[Local_activists] London GUARDIAN - election blog
MichaelP
papadop at peak.org
Tue Nov 4 12:46:36 PST 2008
http://www.guardian.co.uk/world/oliverburkemanblog/2008/nov/04/uselections2008-barackobama5
Guardian blogg - Oliver Burkeman's campaign diary
< http://blogs.guardian.co.uk/burkeman>
Join me from 6pm eastern, 11pm UK time
Here we are at last. Tonight from 6pm eastern time, 11pm UK time I'll be
liveblogging election night here on this blog, for as long as it takes. (In
an earlier post I gave a different start time; I'll be here from 6pm/11pm.) My
colleague Daniel Nasaw has written an excellent guide here setting out Obama
and McCain's different potential paths to victory. Read it! And if you'll be
at an election night party -- an election night party where you're also
following my liveblog, naturally -- why not memorise parts of it in
advance, in order to sound immensely knowledgeable?

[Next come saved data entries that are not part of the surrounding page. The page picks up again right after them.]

-- ===== src/Program/Raises.antt =====
-- Which exceptions a program can end in, given what its commands may answer.
use realtime_ride_matching_e.Prelude.{
  ◌≡◌, Bool, true, false, if◌then◌else◌, case_option, Option, none, some, inl, inr, Bool-cases,
  subst, sym, ◌⊎◌, ℕ, List,
}
use realtime_ride_matching_e.Redis.{Lock}
use realtime_ride_matching_e.Storage.Tables.{Assignment}
use realtime_ride_matching_e.Storage.Constraints.{accepts_insert}
use realtime_ride_matching_e.Program.Cases.{
  Updated, absent, missed, refused, written, Committed, failed, done,
}
use realtime_ride_matching_e.Program.Answers.{update_ride-Updated, commit-Committed}
use realtime_ride_matching_e.Models.{RideStatus, Ride}
use realtime_ride_matching_e.Program.State.{World, view}
use realtime_ride_matching_e.Program.Commands.{
  Exn, integrity_error, database_error, redis_connection_error, Result, ok, err, Cmd, Resp,
  add_ride, update_ride, commit, set_nx_px, compare_and_delete, Prog, ret, raise, op, call, lift,
  ◌>>=◌, finally, attempt,
}
use realtime_ride_matching_e.Program.Effects.{
  effect, insert_checked, flushed, redis_call, Unanswered,
}
use realtime_ride_matching_e.Program.Exec.{Platform, exec, run}

-- An SQLAlchemyError, an error of the Redis client.
abbrev pub IsDatabaseError : Exn → Type 0
IsDatabaseError integrity_error = Unit
IsDatabaseError database_error = Unit
IsDatabaseError _ = ⊥

abbrev pub IsRedisError : Exn → Type 0
IsRedisError redis_connection_error = Unit
IsRedisError _ = ⊥

-- A result whose exception, if it is one, is of the kind `E`.
abbrev pub Fails : {A : Type 0} → (Exn → Type 0) → Result A → Type 0
Fails E (ok a) = Unit
Fails E (err e) = E e

-- The failures that a command's answer can report.
abbrev pub MayAnswer : (c : Cmd) → Resp c → Type 0
MayAnswer (add_ride r) x = Fails IsDatabaseError x
MayAnswer (update_ride id from to extra) x = Fails IsDatabaseError x
MayAnswer commit x = Fails IsDatabaseError x
MayAnswer (set_nx_px key token ttl) x = Fails IsRedisError x
MayAnswer (compare_and_delete key token) x = Fails IsRedisError x
MayAnswer _ x = Unit

pub data Raises (E : Exn → Type 0) {A : Type 0} : Prog A → Type 0 where
  gives : (a : A) → Raises E (ret a)
  throws : (e : Exn) → E e → Raises E (raise e)
  asks :
      (c : Cmd) (k : Resp c → Prog A)
      → ((r : Resp c) → MayAnswer c r → Raises E (k r))
      → Raises E (op c k)

module _ {E : Exn → Type 0} where
  -- A command whose result is not a failure, or one whose failure is raised at once.
  pub Raises-call : (c : Cmd) → Raises E (call c)
  Raises-call c = asks c ret (λ r _. gives r)

  pub Raises-bind :
      {A B : Type 0} (m : Prog A) (f : A → Prog B)
      → Raises E m
      → ((a : A) → Raises E (f a))
      → Raises E (m >>= f)
  unfolding ◌>>=◌
  Raises-bind m f (gives a) hf = hf a
  Raises-bind m f (throws e h) hf = throws e h
  Raises-bind m f (asks c k h) hf = asks c _ (λ r q. Raises-bind (k r) f (h r q) hf)

  pub Raises-ask :
      {B : Type 0} (c : Cmd) (f : Resp c → Prog B)
      → ((r : Resp c) → MayAnswer c r → Raises E (f r))
      → Raises E (call c >>= f)
  unfolding ◌>>=◌
  Raises-ask c f h = asks c f h

  -- Fewer exceptions are allowed than `E` has.
  pub Raises-weaken :
      {A : Type 0} (D : Exn → Type 0) (m : Prog A)
      → ((e : Exn) → D e → E e)
      → Raises D m
      → Raises E m
  Raises-weaken D m w (gives a) = gives a
  Raises-weaken D m w (throws e h) = throws e (w e h)
  Raises-weaken D m w (asks c k h) = asks c k (λ r q. Raises-weaken D (k r) w (h r q))

  pub Raises-finally :
      {A : Type 0} (m : Prog A) (cleanup : Prog (Unit {0}))
      → Raises E m
      → Raises E cleanup
      → Raises E (finally m cleanup)
  unfolding finally
  Raises-finally m cleanup (gives a) hc = Raises-bind cleanup (λ _. ret a) hc (λ _. gives a)
  Raises-finally m cleanup (throws e h) hc = Raises-bind cleanup (λ _. raise e) hc (λ _. throws e h)
  Raises-finally m cleanup (asks c k h) hc =
      asks c _ (λ r q. Raises-finally (k r) cleanup (h r q) hc)

  -- The handler sees only what the body can raise.
  pub Raises-attempt :
      {A B : Type 0} (D : Exn → Type 0) (m : Prog A) (handle : Result A → Prog B)
      → Raises D m
      → ((r : Result A) → Fails D r → Raises E (handle r))
      → Raises E (attempt m handle)
  unfolding attempt
  Raises-attempt D m handle (gives a) hh = hh (ok a) tt
  Raises-attempt D m handle (throws e h) hh = hh (err e) h
  Raises-attempt D m handle (asks c k h) hh =
      asks c _ (λ r q. Raises-attempt D (k r) handle (h r q) hh)

  pub Raises-if :
      {A : Type 0} (b : Bool) (m n : Prog A)
      → Raises E m
      → Raises E n
      → Raises E (if b then m else n)
  Raises-if true m n hm hn = hm
  Raises-if false m n hm hn = hn

  pub Raises-option :
      {A B : Type 0} (o : Option A) (m : Prog B) (f : A → Prog B)
      → Raises E m
      → ((a : A) → Raises E (f a))
      → Raises E (case_option o m f)
  Raises-option none m f hm hf = hm
  Raises-option (some a) m f hm hf = hf a

  pub Raises-lift : {A : Type 0} (r : Result A) → Fails E r → Raises E (lift r)
  Raises-lift (ok a) h = gives a
  Raises-lift (err e) h = throws e h

pub ruleset raises_rules = (gives, asks, Raises-bind, Raises-finally, Raises-if, Raises-option)

insert-Fails : (w : World) (r : Ride) → Fails IsDatabaseError (effect (add_ride r) w).0
unfolding effect insert_checked
insert-Fails w r = elim (Bool-cases (accepts_insert (view (flushed w)) r)) [
  | inl e ↦ rw (e, insert_checked) tt
  | inr e ↦ rw (e, insert_checked) tt
]

Updated-Fails :
    (w : World) (id : ℕ) (from : List RideStatus) (to : RideStatus) (extra : Option Assignment)
    (x : Result Bool × World)
    → Updated w id from to extra x
    → Fails IsDatabaseError x.0
Updated-Fails w id from to extra x (absent e) = tt
Updated-Fails w id from to extra x (missed r e s) = tt
Updated-Fails w id from to extra x (refused r e v) = tt
Updated-Fails w id from to extra x (written r e s) = tt

Committed-Fails :
    (w : World) (x : Result (Unit {0}) × World) → Committed w x → Fails IsDatabaseError x.0
Committed-Fails w x failed = tt
Committed-Fails w x done = tt

Unanswered-Fails :
    (w : World) (a : Bool × List Lock) (x : Result Bool × World)
    → (x ≡ redis_call w a) ⊎ Unanswered w a x
    → Fails IsRedisError x.0
Unanswered-Fails w a x (inl e) =
    subst (λ (y : Result Bool × World). Fails IsRedisError y.0) (sym e) tt
Unanswered-Fails w a x (inr (inl e)) =
    subst (λ (y : Result Bool × World). Fails IsRedisError y.0) (sym e) tt
Unanswered-Fails w a x (inr (inr e)) =
    subst (λ (y : Result Bool × World). Fails IsRedisError y.0) (sym e) tt

module _ ⦃p : Platform⦄ where
  exec-MayAnswer : (c : Cmd) (w : World) → MayAnswer c (exec c w).0
  unfolding effect
  exec-MayAnswer (add_ride r) w = elim (p.documented (add_ride r) w) [
    | inl e ↦
        subst (λ (y : Result (Unit {0}) × World). Fails IsDatabaseError y.0) (sym e)
          (insert-Fails w r)
    | inr v ↦ absurd v
  ]
  exec-MayAnswer (update_ride id from to extra) w =
      Updated-Fails w id from to extra (exec (update_ride id from to extra) w)
        (update_ride-Updated w id from to extra)
  exec-MayAnswer commit w = Committed-Fails w (exec commit w) (commit-Committed w)
  exec-MayAnswer (set_nx_px key token ttl) w =
      Unanswered-Fails w _ (exec (set_nx_px key token ttl) w)
        (p.documented (set_nx_px key token ttl) w)
  exec-MayAnswer (compare_and_delete key token) w =
      Unanswered-Fails w _ (exec (compare_and_delete key token) w)
        (p.documented (compare_and_delete key token) w)
  exec-MayAnswer _ w = tt

  -- A run ends in no other exception.
  pub run-Fails :
      {E : Exn → Type 0} {A : Type 0} (m : Prog A) (w : World) → Raises E m → Fails E (run m w).0
  unfolding run
  run-Fails m w (gives a) = tt
  run-Fails m w (throws e h) = h
  run-Fails m w (asks c k h) =
      run-Fails (k (exec c w).0) (exec c w).1 (h (exec c w).0 (exec-MayAnswer c w))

Our guideposts through the evening, of course, will be the poll closing
times; 6pm is closing time in solid red Kentucky and in Indiana, where an
Obama victory would be a sign of a landslide. Once a state's polls close, the
Associated Press and the main US television networks will use exit polls to
begin trying to make a call. In the most clear-cut cases, they'll call the
state based either on the exits or after comparing the exits with the very
first votes counted, but the closer the state, the longer they'll wait
before they're confident. In those closer cases, we'll have access to the
demographic data of the exit polls long before the state is called. There
are numerous reasons not to read too much into them, though they may
provide early clues to national changes in the electorate, and to the scale
of the predicted record turnout, along with the reality or otherwise of
such things as the Bradley effect and the cellphone effect. One of the
subsidiary fascinating questions of tonight is what criteria the AP and the
networks will use to call the election. Given the pitch of the excitement,
and the historic nature of the vote, everyone wants to be first. So despite
all the nervous memories of 2000, if we reach a time before the figures
are in from, say, California, Oregon and Hawaii, yet Obama seems to have
reached the 270 mark assuming those deep-blue states vote
Democratic, it's increasingly hard to imagine that the networks will wait
just to make sure McCain doesn't pull off some Alice-in-Wonderland
California victory. (There may, of course, be big differences in which
network calls the race when: Fox, not just in 2000 but in 2004 too, tends to
move with the most alacrity, or prematurity.) Of course, once we're in that
kind of situation, you can go to bed -- or go and get drunk -- confident of
the result even if the networks are still being coy.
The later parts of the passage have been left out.